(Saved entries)
▽

-- ===== src/ViewModel/TextEditor/Keys.antt =====
-- Keys, what they do to code points around a cursor, and that the editor does the same to its bytes.
use lora_messenger.Common.{
  ℕ, ◌+◌, ◌<◌, ◌≤◌, ◌≡◌, refl, sym, ap, ◌∙◌, subst, true, List, [], ◌∷◌, ◌++◌, length, ltb, leb,
  ◌==◌, nat_eq, arith, length-append,
}
use lora_messenger.Core.Text.Utf8.{IsScalar, encode_utf8, encode_text}
use lora_messenger.ViewModel.TextEditor.{
  TextEditor, encoded_bytes, insert_codepoint, move_left, move_right, backspace, delete_forward,
  clear_editor,
}
use lora_messenger.ViewModel.TextEditor.Boundaries.{encoded_bytes-encode_utf8}
use lora_messenger.ViewModel.TextEditor.Refines.{
  Shows, move_left-Shows, move_right-Shows, backspace-Shows, delete_forward-Shows,
  insert_codepoint-Shows,
}

pub data Key : Type 0 where
  left right back delete wipe : Key
  typed : ℕ → Key

abbrev pub press : TextEditor → Key → TextEditor
press e left = (move_left e).1
press e right = (move_right e).1
press e back = (backspace e).1
press e delete = (delete_forward e).1
press e wipe = clear_editor e
press e (typed c) = (insert_codepoint e c).1

-- What a key does to the code points before and after the cursor, in a line of so many bytes.
pub data Edits (maximum : ℕ) : Key → List ℕ → List ℕ → List ℕ → List ℕ → Type 0 where
  lefts :
      (before after : List ℕ) (c : ℕ)
      → Edits maximum left (before ++ (c ∷ [])) after before (c ∷ after)
  left_stays : (after : List ℕ) → Edits maximum left [] after [] after
  rights :
      (before after : List ℕ) (c : ℕ)
      → Edits maximum right before (c ∷ after) (before ++ (c ∷ [])) after
  right_stays : (before : List ℕ) → Edits maximum right before [] before []
  backs :
      (before after : List ℕ) (c : ℕ) → Edits maximum back (before ++ (c ∷ [])) after before after
  back_stays : (after : List ℕ) → Edits maximum back [] after [] after
  deletes : (before after : List ℕ) (c : ℕ) → Edits maximum delete before (c ∷ after) before after
  delete_stays : (before : List ℕ) → Edits maximum delete before [] before []
  wipes : (before after : List ℕ) → Edits maximum wipe before after [] []
  types :
      (before after : List ℕ) (c : ℕ)
      → IsScalar c
      → length (encode_text before) + length (encode_text after) + length (encode_utf8 c) ≤ maximum
      → Edits maximum (typed c) before after (before ++ (c ∷ [])) after
  type_stays :
      (before after : List ℕ) (c : ℕ)
      → IsScalar c
      → maximum < length (encode_text before) + length (encode_text after) + length (encode_utf8 c)
      → Edits maximum (typed c) before after before after

module _ (e : TextEditor) where
  shown_size :
      (before after : List ℕ)
      → Shows e before after
      → length e.text ≡ length (encode_text before) + length (encode_text after)
  shown_size before after v =
      ap length v.text_same ∙ length-append (encode_text before) (encode_text after)

  at_start : (after : List ℕ) → Shows e [] after → (e.cursor == 0) ≡ true
  unfolding encode_text
  at_start after v = ground (arith, v.cursor_same)

  at_end : (before : List ℕ) → Shows e before [] → leb (length e.text) e.cursor ≡ true
  unfolding encode_text
  at_end before v = ground (arith, v.cursor_same, shown_size before [] v)

  move_left-stays : (e.cursor == 0) ≡ true → (move_left e).1 ≡ e
  unfolding move_left
  move_left-stays h = ground (arith, h)

  backspace-stays : (e.cursor == 0) ≡ true → (backspace e).1 ≡ e
  unfolding backspace
  backspace-stays h = ground (arith, h)

  move_right-stays : leb (length e.text) e.cursor ≡ true → (move_right e).1 ≡ e
  unfolding move_right
  move_right-stays h = ground (arith, h)

  delete_forward-stays : leb (length e.text) e.cursor ≡ true → (delete_forward e).1 ≡ e
  unfolding delete_forward
  delete_forward-stays h = ground (arith, h)

  insert_codepoint-stays :
      (c : ℕ)
      → IsScalar c
      → e.maximum_bytes < length e.text + length (encode_utf8 c)
      → (insert_codepoint e c).1 ≡ e
  unfolding insert_codepoint
  insert_codepoint-stays c scalar full =
      let long : ltb e.maximum_bytes (length e.text + length (encoded_bytes c)) ≡ true =
        ground (arith, full, ap length (encoded_bytes-encode_utf8 c scalar)) in
      ground (arith, long)

  unchanged :
      {x : TextEditor} (before after : List ℕ) → x ≡ e → Shows e before after → Shows x before after
  unchanged before after same v = subst (λ (x : TextEditor). Shows x before after) (sym same) v

  -- The editor refines this: where a key has an effect on the code points, it has that effect on what
  -- the editor shows, at the ends of the text, in front of the byte limit and elsewhere.
  pub press-Shows :
      (key : Key) (before after before_next after_next : List ℕ)
      → Shows e before after
      → Edits e.maximum_bytes key before after before_next after_next
      → Shows (press e key) before_next after_next
  unfolding encode_text
  press-Shows key b a b_next a_next v (lefts before after c) = move_left-Shows e before after c v
  press-Shows key b a b_next a_next v (left_stays after) =
      unchanged [] after (move_left-stays (at_start after v)) v
  press-Shows key b a b_next a_next v (rights before after c) = move_right-Shows e before after c v
  press-Shows key b a b_next a_next v (right_stays before) =
      unchanged before [] (move_right-stays (at_end before v)) v
  press-Shows key b a b_next a_next v (backs before after c) = backspace-Shows e before after c v
  press-Shows key b a b_next a_next v (back_stays after) =
      unchanged [] after (backspace-stays (at_start after v)) v
  press-Shows key b a b_next a_next v (deletes before after c) =
      delete_forward-Shows e before after c v
  press-Shows key b a b_next a_next v (delete_stays before) =
      unchanged before [] (delete_forward-stays (at_end before v)) v
  press-Shows key b a b_next a_next v (wipes before after) = record {
    scalars_before = tt;
    scalars_after = tt;
    text_same = refl;
    cursor_same = refl;
    size_le = omega arith;
  }
  press-Shows key b a b_next a_next v (types before after c scalar room) =
      insert_codepoint-Shows e before after c v scalar
        (omega (arith, room, shown_size before after v))
  press-Shows key b a b_next a_next v (type_stays before after c scalar full) =
      unchanged before after
        (insert_codepoint-stays c scalar (omega (arith, full, shown_size before after v))) v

△

_Problem details_.
Each line above that has the word "backspace" should be copied.

_Exercise solution_.
  TextEditor, encoded_bytes, insert_codepoint, move_left, move_right, backspace, delete_forward,
  Shows, move_left-Shows, move_right-Shows, backspace-Shows, delete_forward-Shows,
press e back = (backspace e).1
  backspace-stays : (e.cursor == 0) ≡ true → (backspace e).1 ≡ e
  unfolding backspace
  backspace-stays h = ground (arith, h)
  press-Shows key b a b_next a_next v (backs before after c) = backspace-Shows e before after c v
      unchanged [] after (backspace-stays (at_start after v)) v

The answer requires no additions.